Druckman-Sherzer earned her rabbinic ordination from the Schechter Rabbinical Seminary in 2016, with particular focuses on pastoral care, Talmud, Halacha and liturgy. She spent several years working with at-risk youth, children with special needs, and bar/bat mitzvah students, as well as providing pastoral support for older community members and cancer patients. Since her ordination, she has worked in communities in North America and Israel, including serving as the Rabba in the Masorti community of Omer, handling life-cycle events, participating in study programs and teaching in interfaith settings. She enjoys music, singing and salsa dancing. After returning from a year in Berkeley, California, Druckman-Sherzer will begin her tenure at FJC on August 1.
■ THE RECEPTION, last week at Mishkenot Sha’ananim, was relatively small and intimate but great in enthusiasm, as The Jerusalem Strategic Tribune (JST) celebrated its first anniversary and the publication of its fourth print issue.
The far-reaching and courageous vision of JST publisher Ahmed Charai, highlighting the US–Israel alliance through a forum for joint discussion and debate of foreign policy issues, was the main subject of remarks by both editor-in-chief Eran Lerman and managing editor Bob Silverman.
In his comments, Lerman also offered condolences to Deputy Mayor Fleur Hassan-Nahoum, who had been scheduled to congratulate JST on behalf of City Hall, but had to absent herself due to the passing in Gibraltar of her mother, Lady Marcelle Hassan. He also eulogized one of JST’s first contributors, the late Prof. Aharon Klieman (one of whose daughters attended the event). In an important essay written shortly before he passed away last year, Klieman urged a return to realism in the understanding of world affairs. This call has since been borne out by events, said Lerman.

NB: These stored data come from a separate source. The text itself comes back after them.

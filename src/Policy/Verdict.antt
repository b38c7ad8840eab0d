-- ===== src/Policy/Verdict.antt =====
-- What the policy says of a request, with no loop, no order and no context in it: the tests over
-- all rules and all resources that `Evaluate` has to agree with.
use kordn.Base.{List, Bool, not, ◌&&◌, ◌||◌, Bytes, any, if◌then◌else◌}
use kordn.AwsError.Reason.{
  ReasonCode, explicit_deny, policy_no_matching_allow, aws_required_wildcard_not_approved,
  all_requirements_allowed,
}
use kordn.AwsRequest.Mapping.{IamRequirement}
use kordn.Policy.Rule.{CompiledRule, RequestContext, is_deny, is_known_global, rule_matches}
use kordn.Policy.Scan.{acknowledges}

module _ (request : RequestContext) (q : IamRequirement) (resource : Bytes) where
  -- The rule applies to the resource as the requirement uses it.
  abbrev pub applies : CompiledRule → Bool
  applies rule = rule_matches rule q.action resource q.scope_kind request

  abbrev pub denies : CompiledRule → Bool
  denies rule = applies rule && is_deny rule.effect

  -- An allow rule; at a known global resource it has to acknowledge the wildcard.
  abbrev pub covers : CompiledRule → Bool
  covers rule =
      applies rule
      && not (is_deny rule.effect)
      && (not (is_known_global q.scope_kind) || acknowledges rule)

  -- An allow rule that lacks the acknowledgement.
  abbrev pub lacks_acknowledgement : CompiledRule → Bool
  lacks_acknowledgement rule =
      applies rule
      && not (is_deny rule.effect)
      && is_known_global q.scope_kind
      && not (acknowledges rule)

module _ (request : RequestContext) (rules : List CompiledRule) where
  abbrev pub resource_denied : IamRequirement → Bytes → Bool
  resource_denied q resource = any (denies request q resource) rules

  abbrev pub resource_unacknowledged : IamRequirement → Bytes → Bool
  resource_unacknowledged q resource =
      not (any (covers request q resource) rules)
      && any (lacks_acknowledgement request q resource) rules

  abbrev pub resource_uncovered : IamRequirement → Bytes → Bool
  resource_uncovered q resource =
      not (any (covers request q resource) rules)
      && not (any (lacks_acknowledgement request q resource) rules)

-- Some resource of some requirement passes the test.
abbrev pub some_resource : (IamRequirement → Bytes → Bool) → List IamRequirement → Bool
some_resource p requirements = any (λ q. any (p q) q.resources) requirements

-- A denial wins over everything, then a missing acknowledgement, then a resource without a rule.
unfoldable pub verdict : RequestContext → List CompiledRule → List IamRequirement → ReasonCode
verdict request rules requirements =
    if some_resource (resource_denied request rules) requirements
    then explicit_deny
    else if some_resource (resource_unacknowledged request rules) requirements
    then aws_required_wildcard_not_approved
    else if some_resource (resource_uncovered request rules) requirements
    then policy_no_matching_allow
    else all_requirements_allowed
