-- ===== src/Policy/Build/Order.antt =====
-- The engine's order of the rules decides nothing.
use kordn.Base.{
  List, [], Bool, true, Bytes, ◌≡◌, ap, ap₂, ◌∙◌, arith, sort_by, any-sort_by, bytes_lt, bytes_eq,
  bytes_eq→eq, sym, Result, ok, err, Result-cases, inl, inr, codes, if◌then◌else◌, not, ◌&&◌,
}
use mathlib.Core.Path.{fun_ext}
use kordn.AwsError.Reason.{
  ReasonCode, explicit_deny, policy_no_matching_allow, aws_required_wildcard_not_approved,
  all_requirements_allowed,
}
use kordn.AwsRequest.Mapping.{IamRequirement}
use kordn.Policy.Rule.{CompiledRule, RequestContext}
use kordn.Policy.Verdict.{
  denies, covers, lacks_acknowledgement, resource_denied, resource_unacknowledged,
  resource_uncovered, some_resource, verdict,
}
use kordn.Policy.Engine.{Engine}
use kordn.Policy.Build.{PolicySnapshot, EngineError, compile_rules, canonical_policy, new_engine}

module _ (lt : CompiledRule → CompiledRule → Bool) (request : RequestContext)
    (rules : List CompiledRule) where
  denied-sort_by : resource_denied request (sort_by lt rules) ≡ resource_denied request rules
  denied-sort_by = fun_ext λ q. fun_ext λ r. any-sort_by lt (denies request q r) rules

  unacknowledged-sort_by :
      resource_unacknowledged request (sort_by lt rules) ≡ resource_unacknowledged request rules
  unacknowledged-sort_by = fun_ext λ q. fun_ext λ r.
      ap₂ (λ a b. not a && b) (any-sort_by lt (covers request q r) rules)
        (any-sort_by lt (lacks_acknowledgement request q r) rules)

  uncovered-sort_by :
      resource_uncovered request (sort_by lt rules) ≡ resource_uncovered request rules
  uncovered-sort_by = fun_ext λ q. fun_ext λ r.
      ap₂ (λ a b. not a && not b) (any-sort_by lt (covers request q r) rules)
        (any-sort_by lt (lacks_acknowledgement request q r) rules)

-- The verdict from the three tests.
verdict_of : (d w u : IamRequirement → Bytes → Bool) → List IamRequirement → ReasonCode
verdict_of d w u requirements =
    if some_resource d requirements
    then explicit_deny
    else if some_resource w requirements
    then aws_required_wildcard_not_approved
    else if some_resource u requirements
    then policy_no_matching_allow
    else all_requirements_allowed

-- Sorting the rules, by whatever order, changes no verdict.
pub verdict-sort_by :
    (lt : CompiledRule → CompiledRule → Bool) (request : RequestContext) (rules : List CompiledRule)
    (requirements : List IamRequirement)
    → verdict request (sort_by lt rules) requirements ≡ verdict request rules requirements
unfolding verdict verdict_of
verdict-sort_by lt request rules requirements =
    ap₂ (λ d w. verdict_of d w (resource_uncovered request (sort_by lt rules)) requirements)
      (denied-sort_by lt request rules) (unacknowledged-sort_by lt request rules)
    ∙ ap
        (λ u.
          verdict_of (resource_denied request rules) (resource_unacknowledged request rules) u
            requirements)
        (uncovered-sort_by lt request rules)

abbrev built : List CompiledRule → Bytes → Engine
built rules hash = record {
  default_deny = true;
  rules = sort_by (λ a b. bytes_lt a.id b.id) rules;
  hash = hash;
}

built_parts :
    (digest : PolicySnapshot → Result EngineError Bytes) (policy : PolicySnapshot) (engine : Engine)
    (rules : List CompiledRule) (hash : Bytes)
    → new_engine digest policy ≡ ok engine
    → compile_rules 0 [] policy.rules ≡ ok rules
    → digest (canonical_policy policy) ≡ ok hash
    → (bytes_eq policy.default_value (codes "deny") ≡ true) × (built rules hash ≡ engine)
unfolding new_engine
built_parts digest policy engine rules hash h c d = ground arith

not_compiled :
    (digest : PolicySnapshot → Result EngineError Bytes) (policy : PolicySnapshot) (engine : Engine)
    (e : EngineError)
    → new_engine digest policy ≡ ok engine
    → ¬ (compile_rules 0 [] policy.rules ≡ err e)
unfolding new_engine
not_compiled digest policy engine e h c = ground arith

not_hashed :
    (digest : PolicySnapshot → Result EngineError Bytes) (policy : PolicySnapshot) (engine : Engine)
    (e : EngineError)
    → new_engine digest policy ≡ ok engine
    → ¬ (digest (canonical_policy policy) ≡ err e)
unfolding new_engine
not_hashed digest policy engine e h d = ground arith

-- The engine that `NewEngine` returns gives the verdicts of the rules as they stand in the policy,
-- all of which compile, and carries the digest of the policy's canonical form.
pub new_engine-verdict :
    (digest : PolicySnapshot → Result EngineError Bytes) (policy : PolicySnapshot) (engine : Engine)
    → new_engine digest policy ≡ ok engine
    → (policy.default_value ≡ codes "deny")
      × (digest (canonical_policy policy) ≡ ok engine.hash)
      × (rules : List CompiledRule) × (compile_rules 0 [] policy.rules ≡ ok rules)
      × ((request : RequestContext) (requirements : List IamRequirement)
          → verdict request engine.rules requirements ≡ verdict request rules requirements)
new_engine-verdict digest policy engine h = elim (Result-cases (compile_rules 0 [] policy.rules)) [
  | inl (e, failed) ↦ absurd (not_compiled digest policy engine e h failed)
  | inr (rules, compiled) ↦ elim (Result-cases (digest (canonical_policy policy))) [
    | inl (e, failed) ↦ absurd (not_hashed digest policy engine e h failed)
    | inr (hash, hashed) ↦
        let (default, e) = built_parts digest policy engine rules hash h compiled hashed in
        (
          bytes_eq→eq _ _ default,
          hashed ∙ ap (λ x. ok x.hash) e,
          rules,
          compiled,
          λ request requirements.
              ap (λ x. verdict request x.rules requirements) (sym e)
              ∙ verdict-sort_by (λ a b. bytes_lt a.id b.id) request rules requirements,
        )
  ]
]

In this context, regular JST columnist and former Knesset member Ksenia Svetlova spoke on the ramifications of the ongoing Ukraine war (a central theme of the fourth print issue) for the world, the West, the Middle East and for Israeli policy, even amid the political crisis that unfolded that same evening, as Israel is yet again heading to new elections.
■ SOMETIMES PEOPLE are too young to fully engage in creativity, but they’re never too old according to Gladys Young, a 91-year-old artist living in Jerusalem, where her work is displayed in her studio. Young believes in encouraging people of all ages to seek their creative potential in nature.
Her own artwork uses various parts of the palm tree to create figures from what she sees in nature.
She is interested in reaching out to the public so that more seniors and people of any age, including children, can be inspired, as she is, to open up their creativity and be aware of the possibilities in the environment around them.
Young is not alone in encouraging creativity. Many seniors have discovered their creative streak after retirement, when attending events for seniors at their local community centers or moving to a retirement complex for seniors and joining occupational therapy classes. Some are totally amazed by the beautiful paintings, drawings and sculptures they produce, and wonder why it took them so long to discover something in themselves that brings so much pleasure to so many people.